What is needed is each line of the data below that holds the string "latest".

**********

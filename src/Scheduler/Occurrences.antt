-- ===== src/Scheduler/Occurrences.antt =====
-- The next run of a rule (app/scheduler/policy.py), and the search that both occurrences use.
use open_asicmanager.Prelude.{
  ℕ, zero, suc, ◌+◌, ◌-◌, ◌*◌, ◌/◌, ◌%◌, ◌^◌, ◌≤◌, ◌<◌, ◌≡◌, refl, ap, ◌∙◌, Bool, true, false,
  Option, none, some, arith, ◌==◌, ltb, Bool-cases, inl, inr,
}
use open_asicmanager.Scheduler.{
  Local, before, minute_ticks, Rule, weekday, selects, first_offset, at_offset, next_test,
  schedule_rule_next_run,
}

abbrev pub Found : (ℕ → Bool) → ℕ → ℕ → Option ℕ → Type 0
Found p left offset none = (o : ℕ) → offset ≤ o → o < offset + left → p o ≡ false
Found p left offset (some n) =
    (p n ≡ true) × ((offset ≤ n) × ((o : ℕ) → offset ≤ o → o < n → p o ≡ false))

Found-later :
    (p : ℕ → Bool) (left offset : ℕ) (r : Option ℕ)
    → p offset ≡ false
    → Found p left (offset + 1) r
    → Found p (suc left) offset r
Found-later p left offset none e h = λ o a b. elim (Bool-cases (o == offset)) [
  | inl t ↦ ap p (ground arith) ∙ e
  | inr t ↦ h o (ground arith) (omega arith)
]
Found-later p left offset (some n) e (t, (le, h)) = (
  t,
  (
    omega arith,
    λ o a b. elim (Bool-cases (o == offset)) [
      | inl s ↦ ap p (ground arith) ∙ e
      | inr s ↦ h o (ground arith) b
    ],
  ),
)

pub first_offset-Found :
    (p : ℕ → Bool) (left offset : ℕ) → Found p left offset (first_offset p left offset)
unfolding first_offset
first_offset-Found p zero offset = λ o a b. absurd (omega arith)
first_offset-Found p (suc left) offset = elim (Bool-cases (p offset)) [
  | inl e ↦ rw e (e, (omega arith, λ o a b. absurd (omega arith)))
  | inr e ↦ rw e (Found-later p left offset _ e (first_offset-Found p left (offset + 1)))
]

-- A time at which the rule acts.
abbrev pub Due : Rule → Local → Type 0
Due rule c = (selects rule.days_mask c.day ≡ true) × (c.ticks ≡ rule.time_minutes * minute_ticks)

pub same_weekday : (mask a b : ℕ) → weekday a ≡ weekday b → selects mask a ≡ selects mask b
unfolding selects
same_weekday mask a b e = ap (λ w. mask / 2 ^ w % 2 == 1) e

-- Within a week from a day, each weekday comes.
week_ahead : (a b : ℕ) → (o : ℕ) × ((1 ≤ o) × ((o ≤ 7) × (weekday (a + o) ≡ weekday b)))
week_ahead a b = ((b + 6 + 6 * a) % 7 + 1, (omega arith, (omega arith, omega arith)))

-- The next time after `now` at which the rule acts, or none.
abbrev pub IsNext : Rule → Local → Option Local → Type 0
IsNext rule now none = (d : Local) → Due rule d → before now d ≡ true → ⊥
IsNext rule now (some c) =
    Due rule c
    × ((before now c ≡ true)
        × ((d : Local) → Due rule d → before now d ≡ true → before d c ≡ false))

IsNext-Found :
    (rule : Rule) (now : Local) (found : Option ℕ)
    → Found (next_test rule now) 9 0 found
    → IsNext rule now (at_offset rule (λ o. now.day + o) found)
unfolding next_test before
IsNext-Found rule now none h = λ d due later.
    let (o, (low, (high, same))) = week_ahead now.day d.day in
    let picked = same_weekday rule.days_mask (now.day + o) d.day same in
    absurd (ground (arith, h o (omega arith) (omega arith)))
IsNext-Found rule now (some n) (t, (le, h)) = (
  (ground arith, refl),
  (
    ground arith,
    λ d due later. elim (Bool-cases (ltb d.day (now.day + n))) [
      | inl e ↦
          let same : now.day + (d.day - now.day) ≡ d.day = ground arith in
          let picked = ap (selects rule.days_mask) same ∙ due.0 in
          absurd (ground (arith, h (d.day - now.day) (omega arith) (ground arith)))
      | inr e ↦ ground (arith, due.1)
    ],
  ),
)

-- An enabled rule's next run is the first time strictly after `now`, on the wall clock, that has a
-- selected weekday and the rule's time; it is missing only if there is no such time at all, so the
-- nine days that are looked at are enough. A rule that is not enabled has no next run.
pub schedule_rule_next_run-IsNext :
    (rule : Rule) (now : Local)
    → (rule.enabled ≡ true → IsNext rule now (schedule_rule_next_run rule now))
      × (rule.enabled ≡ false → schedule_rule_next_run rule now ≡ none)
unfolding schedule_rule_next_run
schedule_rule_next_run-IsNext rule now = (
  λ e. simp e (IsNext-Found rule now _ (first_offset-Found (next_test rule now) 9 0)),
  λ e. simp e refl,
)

**********

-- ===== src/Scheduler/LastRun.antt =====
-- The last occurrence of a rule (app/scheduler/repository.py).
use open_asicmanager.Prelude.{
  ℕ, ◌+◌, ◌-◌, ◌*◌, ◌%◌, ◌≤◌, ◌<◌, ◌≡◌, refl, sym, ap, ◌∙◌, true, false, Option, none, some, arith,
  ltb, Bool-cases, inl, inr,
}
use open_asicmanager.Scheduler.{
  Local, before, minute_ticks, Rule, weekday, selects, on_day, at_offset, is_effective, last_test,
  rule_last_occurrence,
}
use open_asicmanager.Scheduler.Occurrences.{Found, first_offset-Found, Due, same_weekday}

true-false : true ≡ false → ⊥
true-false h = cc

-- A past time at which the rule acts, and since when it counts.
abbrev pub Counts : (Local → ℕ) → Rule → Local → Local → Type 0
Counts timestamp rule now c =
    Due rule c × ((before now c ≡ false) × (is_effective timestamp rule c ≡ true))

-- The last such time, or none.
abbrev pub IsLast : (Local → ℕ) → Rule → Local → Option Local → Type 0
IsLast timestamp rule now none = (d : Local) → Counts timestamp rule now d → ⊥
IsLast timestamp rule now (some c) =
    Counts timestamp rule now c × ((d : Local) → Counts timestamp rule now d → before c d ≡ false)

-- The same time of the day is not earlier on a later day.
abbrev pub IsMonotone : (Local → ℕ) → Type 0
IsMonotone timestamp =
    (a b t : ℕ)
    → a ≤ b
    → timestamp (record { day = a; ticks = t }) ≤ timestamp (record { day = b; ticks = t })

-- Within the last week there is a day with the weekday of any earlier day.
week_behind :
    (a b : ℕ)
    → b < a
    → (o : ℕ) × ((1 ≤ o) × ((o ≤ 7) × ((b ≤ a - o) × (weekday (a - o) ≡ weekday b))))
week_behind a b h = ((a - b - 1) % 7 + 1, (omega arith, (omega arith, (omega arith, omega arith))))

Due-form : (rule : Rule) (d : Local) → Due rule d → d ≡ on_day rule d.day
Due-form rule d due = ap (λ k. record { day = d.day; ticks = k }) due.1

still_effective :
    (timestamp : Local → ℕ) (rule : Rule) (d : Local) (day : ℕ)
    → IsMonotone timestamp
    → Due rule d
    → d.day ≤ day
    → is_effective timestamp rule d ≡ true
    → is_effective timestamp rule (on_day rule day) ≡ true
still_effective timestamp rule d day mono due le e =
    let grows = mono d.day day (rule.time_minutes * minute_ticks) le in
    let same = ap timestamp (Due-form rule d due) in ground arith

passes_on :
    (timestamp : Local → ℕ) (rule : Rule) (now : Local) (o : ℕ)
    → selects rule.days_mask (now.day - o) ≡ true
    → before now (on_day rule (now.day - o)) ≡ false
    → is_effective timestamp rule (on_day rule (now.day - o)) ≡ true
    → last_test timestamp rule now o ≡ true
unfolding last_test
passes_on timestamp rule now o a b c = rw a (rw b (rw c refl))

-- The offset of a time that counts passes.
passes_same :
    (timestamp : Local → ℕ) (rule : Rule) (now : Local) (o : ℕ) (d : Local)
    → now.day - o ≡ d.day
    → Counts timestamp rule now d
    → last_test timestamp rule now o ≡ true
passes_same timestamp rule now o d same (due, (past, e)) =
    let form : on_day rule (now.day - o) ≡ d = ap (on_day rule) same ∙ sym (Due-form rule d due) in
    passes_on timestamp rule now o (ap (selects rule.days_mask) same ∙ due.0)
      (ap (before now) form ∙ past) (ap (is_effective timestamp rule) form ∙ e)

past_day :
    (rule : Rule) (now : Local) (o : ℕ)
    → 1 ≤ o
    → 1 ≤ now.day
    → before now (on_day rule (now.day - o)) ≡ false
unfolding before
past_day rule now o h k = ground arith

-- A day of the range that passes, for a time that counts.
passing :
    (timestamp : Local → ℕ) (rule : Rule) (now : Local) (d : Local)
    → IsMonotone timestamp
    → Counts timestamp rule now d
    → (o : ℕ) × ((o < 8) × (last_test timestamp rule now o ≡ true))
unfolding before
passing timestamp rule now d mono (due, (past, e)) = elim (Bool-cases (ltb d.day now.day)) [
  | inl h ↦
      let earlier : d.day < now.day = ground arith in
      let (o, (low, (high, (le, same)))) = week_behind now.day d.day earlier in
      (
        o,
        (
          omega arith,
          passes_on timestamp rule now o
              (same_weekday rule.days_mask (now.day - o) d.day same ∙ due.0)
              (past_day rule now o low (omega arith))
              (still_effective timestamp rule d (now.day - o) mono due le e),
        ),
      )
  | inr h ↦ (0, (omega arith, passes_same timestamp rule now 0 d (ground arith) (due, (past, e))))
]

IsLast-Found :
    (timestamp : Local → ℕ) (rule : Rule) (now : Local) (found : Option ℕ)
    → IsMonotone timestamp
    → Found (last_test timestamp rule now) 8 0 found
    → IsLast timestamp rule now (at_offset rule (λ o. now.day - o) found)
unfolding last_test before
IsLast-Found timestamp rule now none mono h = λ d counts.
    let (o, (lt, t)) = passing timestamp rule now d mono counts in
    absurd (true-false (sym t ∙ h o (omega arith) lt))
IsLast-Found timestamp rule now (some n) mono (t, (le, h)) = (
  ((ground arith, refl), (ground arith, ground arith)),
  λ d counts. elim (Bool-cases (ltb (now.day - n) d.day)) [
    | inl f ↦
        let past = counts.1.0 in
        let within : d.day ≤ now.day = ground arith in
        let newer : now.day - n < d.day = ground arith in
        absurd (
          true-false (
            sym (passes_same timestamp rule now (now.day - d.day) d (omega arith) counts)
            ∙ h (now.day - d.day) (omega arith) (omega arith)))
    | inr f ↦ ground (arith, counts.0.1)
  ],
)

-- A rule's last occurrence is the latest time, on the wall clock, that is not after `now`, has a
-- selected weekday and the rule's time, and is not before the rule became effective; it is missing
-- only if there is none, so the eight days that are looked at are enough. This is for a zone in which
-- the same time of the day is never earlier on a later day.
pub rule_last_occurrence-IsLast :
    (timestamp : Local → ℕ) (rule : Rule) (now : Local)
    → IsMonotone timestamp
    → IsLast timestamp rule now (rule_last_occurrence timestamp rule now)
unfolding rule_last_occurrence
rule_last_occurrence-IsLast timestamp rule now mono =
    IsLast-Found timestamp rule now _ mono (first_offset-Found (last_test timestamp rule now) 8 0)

**********

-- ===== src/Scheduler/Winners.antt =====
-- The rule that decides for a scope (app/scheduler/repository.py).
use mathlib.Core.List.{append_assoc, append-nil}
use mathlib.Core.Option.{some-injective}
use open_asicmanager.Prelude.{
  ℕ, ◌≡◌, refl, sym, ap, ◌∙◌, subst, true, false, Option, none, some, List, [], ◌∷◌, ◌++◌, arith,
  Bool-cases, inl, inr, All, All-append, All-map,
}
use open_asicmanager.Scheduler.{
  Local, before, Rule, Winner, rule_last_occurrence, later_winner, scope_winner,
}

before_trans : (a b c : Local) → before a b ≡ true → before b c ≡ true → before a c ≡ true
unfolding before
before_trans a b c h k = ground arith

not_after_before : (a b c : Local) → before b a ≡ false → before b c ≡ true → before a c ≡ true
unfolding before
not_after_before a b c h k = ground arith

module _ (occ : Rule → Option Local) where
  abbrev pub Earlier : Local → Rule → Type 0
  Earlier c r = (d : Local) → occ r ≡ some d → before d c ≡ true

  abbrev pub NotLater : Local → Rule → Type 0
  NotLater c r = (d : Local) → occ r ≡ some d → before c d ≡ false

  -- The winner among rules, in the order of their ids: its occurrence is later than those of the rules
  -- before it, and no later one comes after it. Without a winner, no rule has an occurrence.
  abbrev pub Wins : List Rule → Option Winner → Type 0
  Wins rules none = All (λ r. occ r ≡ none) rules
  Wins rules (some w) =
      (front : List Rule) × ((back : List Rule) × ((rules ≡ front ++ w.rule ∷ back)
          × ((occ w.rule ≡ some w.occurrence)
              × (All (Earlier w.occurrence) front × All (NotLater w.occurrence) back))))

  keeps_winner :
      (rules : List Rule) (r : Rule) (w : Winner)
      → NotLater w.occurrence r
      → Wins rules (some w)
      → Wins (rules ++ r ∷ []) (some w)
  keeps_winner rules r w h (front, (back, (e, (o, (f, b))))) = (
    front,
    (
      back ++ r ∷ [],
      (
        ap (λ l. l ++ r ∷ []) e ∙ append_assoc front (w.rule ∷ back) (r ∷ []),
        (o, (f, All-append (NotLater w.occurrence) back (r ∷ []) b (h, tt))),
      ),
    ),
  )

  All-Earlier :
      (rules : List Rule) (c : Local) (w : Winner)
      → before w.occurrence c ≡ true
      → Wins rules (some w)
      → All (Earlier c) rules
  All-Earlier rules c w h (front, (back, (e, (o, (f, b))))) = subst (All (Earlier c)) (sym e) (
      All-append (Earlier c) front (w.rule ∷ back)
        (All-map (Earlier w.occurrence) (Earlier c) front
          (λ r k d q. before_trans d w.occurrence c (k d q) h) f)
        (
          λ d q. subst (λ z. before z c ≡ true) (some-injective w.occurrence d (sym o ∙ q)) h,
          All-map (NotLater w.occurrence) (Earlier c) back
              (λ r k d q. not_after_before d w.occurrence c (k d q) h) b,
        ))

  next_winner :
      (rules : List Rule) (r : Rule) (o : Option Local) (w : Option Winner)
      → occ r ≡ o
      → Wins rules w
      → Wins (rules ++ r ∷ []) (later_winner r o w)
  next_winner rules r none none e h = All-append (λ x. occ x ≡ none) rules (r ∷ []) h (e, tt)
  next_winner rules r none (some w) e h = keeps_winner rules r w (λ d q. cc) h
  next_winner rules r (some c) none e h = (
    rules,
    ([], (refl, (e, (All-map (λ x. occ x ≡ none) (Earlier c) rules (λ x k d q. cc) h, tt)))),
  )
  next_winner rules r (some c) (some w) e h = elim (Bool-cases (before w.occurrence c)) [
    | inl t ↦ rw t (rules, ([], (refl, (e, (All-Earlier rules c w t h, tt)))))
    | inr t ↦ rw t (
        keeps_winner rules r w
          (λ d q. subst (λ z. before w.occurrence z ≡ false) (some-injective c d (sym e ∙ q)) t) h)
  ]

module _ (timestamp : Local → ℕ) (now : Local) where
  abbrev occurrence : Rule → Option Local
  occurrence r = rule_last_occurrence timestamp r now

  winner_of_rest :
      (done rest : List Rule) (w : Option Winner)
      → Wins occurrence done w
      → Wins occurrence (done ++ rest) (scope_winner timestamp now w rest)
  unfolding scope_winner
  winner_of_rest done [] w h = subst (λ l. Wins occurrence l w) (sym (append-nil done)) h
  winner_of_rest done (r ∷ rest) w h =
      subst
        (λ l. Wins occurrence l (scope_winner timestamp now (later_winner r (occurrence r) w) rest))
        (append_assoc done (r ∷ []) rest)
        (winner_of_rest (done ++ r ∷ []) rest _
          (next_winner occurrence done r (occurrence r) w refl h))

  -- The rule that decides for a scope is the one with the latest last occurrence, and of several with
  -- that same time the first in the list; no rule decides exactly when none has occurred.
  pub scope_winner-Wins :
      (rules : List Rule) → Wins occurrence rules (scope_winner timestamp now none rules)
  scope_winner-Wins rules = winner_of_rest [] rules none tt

**********

> [Exercise result]
-- A rule's last occurrence is the latest time, on the wall clock, that is not after `now`, has a
  -- The rule that decides for a scope is the one with the latest last occurrence, and of several with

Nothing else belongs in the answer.